Changes in secondary eating behaviour-related outcomes after prebiotic (red) compared with placebo condition (light blue). Hunger ratings during fMRI significantly decreased after prebiotics (A), while gender-standardised body fat mass (FM-stand, B), serum lipid markers low-density lipoprotein (LDL, C) and cholesterol (CHOL, D) significantly decreased after placebo (linear mixed effects modelling, all p<0.05, exploratory analyses). FMRI, functional magnetic resonance imaging.

Figure 6

Microbiota-related shifts after 2-week prebiotic intervention (exploratory analyses). Increases in stool frequency (A) and decreases in (B) microbiota richness, (C) evenness, (D) Shannon index, (E) beta diversity changes compared by dissimilarity gradients according to group and timepoint after prebiotics (pink) compared with placebo (blue), and (F) shifts in microbial family distribution. Asterisks in (A–D) indicating significant ANOVA results for null-full model comparisons (p<0.05).

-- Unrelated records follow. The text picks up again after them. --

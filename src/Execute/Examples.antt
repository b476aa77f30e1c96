-- ===== src/Execute/Examples.antt =====
-- A run of a command that turns a check green, and the theorem at it.
use musts.Base.{◌≡◌, refl, true, none, some, [], ◌∷◌}
use musts.Base.Order.{nat_ord, pair_ord, list_ord}
use musts.Base.Int.{ℤ}
use musts.Base.Text.{join}
use musts.Base.Lists
use musts.Base.Lists.{any, find}
use musts.Base.Map.{get, insert, from_list}
use musts.Base.Result.{Error, ok, err}
use musts.Json.{Json}
use musts.Protocol.{Task}
use musts.Ledger.{record_entry}
use musts.Ledger.Reader.{read_lock}
use musts.Ledger.Disk.{absent, load, save}
use musts.Database.{Serde, StoredTask, fetch_task, insert_atomic, insert_rows, conflicts, same_key}
use musts.Snapshot.{recompute_task_snapshot_hash, current_pairs, pairs_bytes, field_bytes}
use musts.Extension.{BuiltinCapability, lookup, find_capability}
use musts.Session.{Session}
use musts.Evidence.{
  Env, persist_accepted, evidence_rows, record_all, save_changed, describe_all, stored_hash,
  with_hashes, judge, split_claims, accept, conclude, submit_stored, submit,
}
use musts.Execute.{
  RunOutcome, Output, RunEnv, runnable, is_overridden, code_of, was_spawned, is_zero, succeeded,
  inputs_of, submit_log, conclude_run, run_argv, run_trusted, run_known, run_task, execute,
}
use musts.Execute.Allowed.{IsAllowed, execute-IsAllowed}

abbrev sample_task : Task
sample_task = record {
  id = 116 ∷ [];
  extension = 98 ∷ [];
  title = [];
  satisfies = (99 ∷ []) ∷ [];
  parallelizable = true;
  instructions = [];
  evidence_contract = record { text = record { required = true; description = none }; assets = [] };
  command = some ((116 ∷ []) ∷ []);
}

-- the checks column holds one check, and the hashes column the hash of the check `c`
abbrev sample_serde : Serde
sample_serde = record {
  texts = record { encode = join (44 ∷ []); decode = λ t. some (t ∷ []) };
  hashes = record { encode = λ m. []; decode = λ t. some ((99 ∷ [], t) ∷ []) };
  task = record { encode = λ t. t.id; decode = λ t. some sample_task };
  submission = λ s. [];
  response = λ r. [];
}

abbrev accepting : BuiltinCapability
accepting = record {
  uses = 98 ∷ [];
  schema = Json.null;
  resolve = λ r. err Error.io;
  evidence = λ r. ok (record {
    protocol_version = 1;
    accepted = true;
    satisfies = (99 ∷ []) ∷ [];
    summary = none;
    normalized_assets = [];
    missing = [];
    message = none;
  });
}

abbrev sample_env : Env
sample_env = record {
  digest = λ t. t;
  serde = sample_serde;
  from_slice = read_lock;
  workspace_root = [];
  now_unix = 7;
  submission_id = 115 ∷ [];
  descriptors = ok [];
  registry = accepting ∷ [];
  run_evidence = λ d c r. err Error.io;
  describe_asset = λ p. ok (record { path = p; mime = []; size = 1 });
  compute_current_scope_hashes = λ s. (ok ((99 ∷ [], 104 ∷ []) ∷ []), s);
}

abbrev sample_row : StoredTask
sample_row = record {
  capability = 98 ∷ [];
  title = [];
  satisfies_json = 99 ∷ [];
  scope_hashes_json = 104 ∷ [];
  task_snapshot_hash = 99 ∷ 0 ∷ 104 ∷ 0 ∷ [];
  payload_json = [];
  created_at = 0;
}

abbrev before : Session
before = record {
  db = record {
    file_fingerprints = [];
    scope_snapshots = [];
    tasks = (116 ∷ [], sample_row) ∷ [];
    resolve_notes = [];
    evidence_records = [];
  };
  musts_dir = record {
    lock_file = absent;
    lock_writable = true;
    gitattributes = absent;
    gitattributes_writable = true;
  };
}

abbrev run_env : RunEnv
run_env = record {
  before = sample_env;
  output = λ argv. Output.exited [] [] (some (ℤ.pos 0));
  meanwhile = λ s. s;
  relock = ok tt;
  write_log = λ path body. ok tt;
  after = λ path body. sample_env;
  in_temp_dir = λ name. name;
  process_id = 1;
}

abbrev done : Session
done = (execute run_env (116 ∷ []) before).1

abbrev outcome : RunOutcome
outcome = RunOutcome.recorded (116 ∷ []) (record {
  task_id = 116 ∷ [];
  submission_id = 115 ∷ [];
  satisfied = (99 ∷ []) ∷ [];
  summary = none;
})

executes : execute run_env (116 ∷ []) before ≡ (ok outcome, done)
unfolding execute runnable run_task run_known run_trusted is_overridden run_argv succeeded
    was_spawned is_zero code_of conclude_run submit_log inputs_of join submit fetch_task get
    list_ord submit_stored recompute_task_snapshot_hash current_pairs from_list insert pairs_bytes
    field_bytes describe_all find_capability lookup find judge conclude split_claims Lists.contains
    accept with_hashes stored_hash persist_accepted insert_atomic insert_rows conflicts same_key any
    evidence_rows record_all record_entry load save_changed save
executes = refl

execute-IsAllowed_example : IsAllowed run_env (116 ∷ []) before done outcome
execute-IsAllowed_example = execute-IsAllowed run_env (116 ∷ []) before done outcome executes
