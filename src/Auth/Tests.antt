-- ===== src/Auth/Tests.antt =====
-- The dashboard checks at concrete inputs.
use umans_gate.Base.{ℕ, ◌≡◌, true, List, [], ◌∷◌, arith}
use umans_gate.Auth.{new, is_locked_out}
use umans_gate.Auth.Lockout.{fail_at, Spans, locked_out_iff}

-- Three failures, the first too old to count.
abbrev failed_at : List ℕ
failed_at = 1000 ∷ 70000 ∷ 80000 ∷ []

failed_at-Spans : Spans 0 90000 failed_at
failed_at-Spans = omega arith

locked_out_iff_example : (is_locked_out (fail_at (new 2 60) failed_at) 90000).1 ≡ true
locked_out_iff_example = (locked_out_iff 2 60 90000 failed_at failed_at-Spans).1 (omega arith)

ANOVA, analysis of variance; ASV, amplicon sequencing variant; NMDS, non-metric multidimensional scaling.

Figure 7

Predicted functional shifts and their correlations with changes in microbiota genera and in reward-related brain activation after prebiotic intervention (exploratory analyses). (A) Dissimilarity of functional composition of microbiome preprebiotic to versus postprebiotic intervention based on NMDS stress test (p=0.001) and principal component analysis of relative abundance of predicted KEGG orthologues statistics, calculated by PERMANOVA (p_adj=0.002). (B) Change scores of Bifidobacterium abundance and arginine biosynthesis (ko00220), (C) Bifidobacterium abundance and cysteine and methionine metbolism (ko00270), (D) flavonoid biosynthesis (ko00941) and changes in reward-related brain response, (E) stilbenoid, gingerol biosynthesis (ko00945) and reward-related brain response. (B–E), all r>0.32, all p<0.05 according to Spearman’s correlation, line gives regression fit with 95% CI. KEGG, Kyoto Encyclopaedia of Genes and Genomes; NMDS, non-metric multidimensional scaling; PERMANOVA, permutational multivariate analysis of variance; VTA, ventral tegmental area.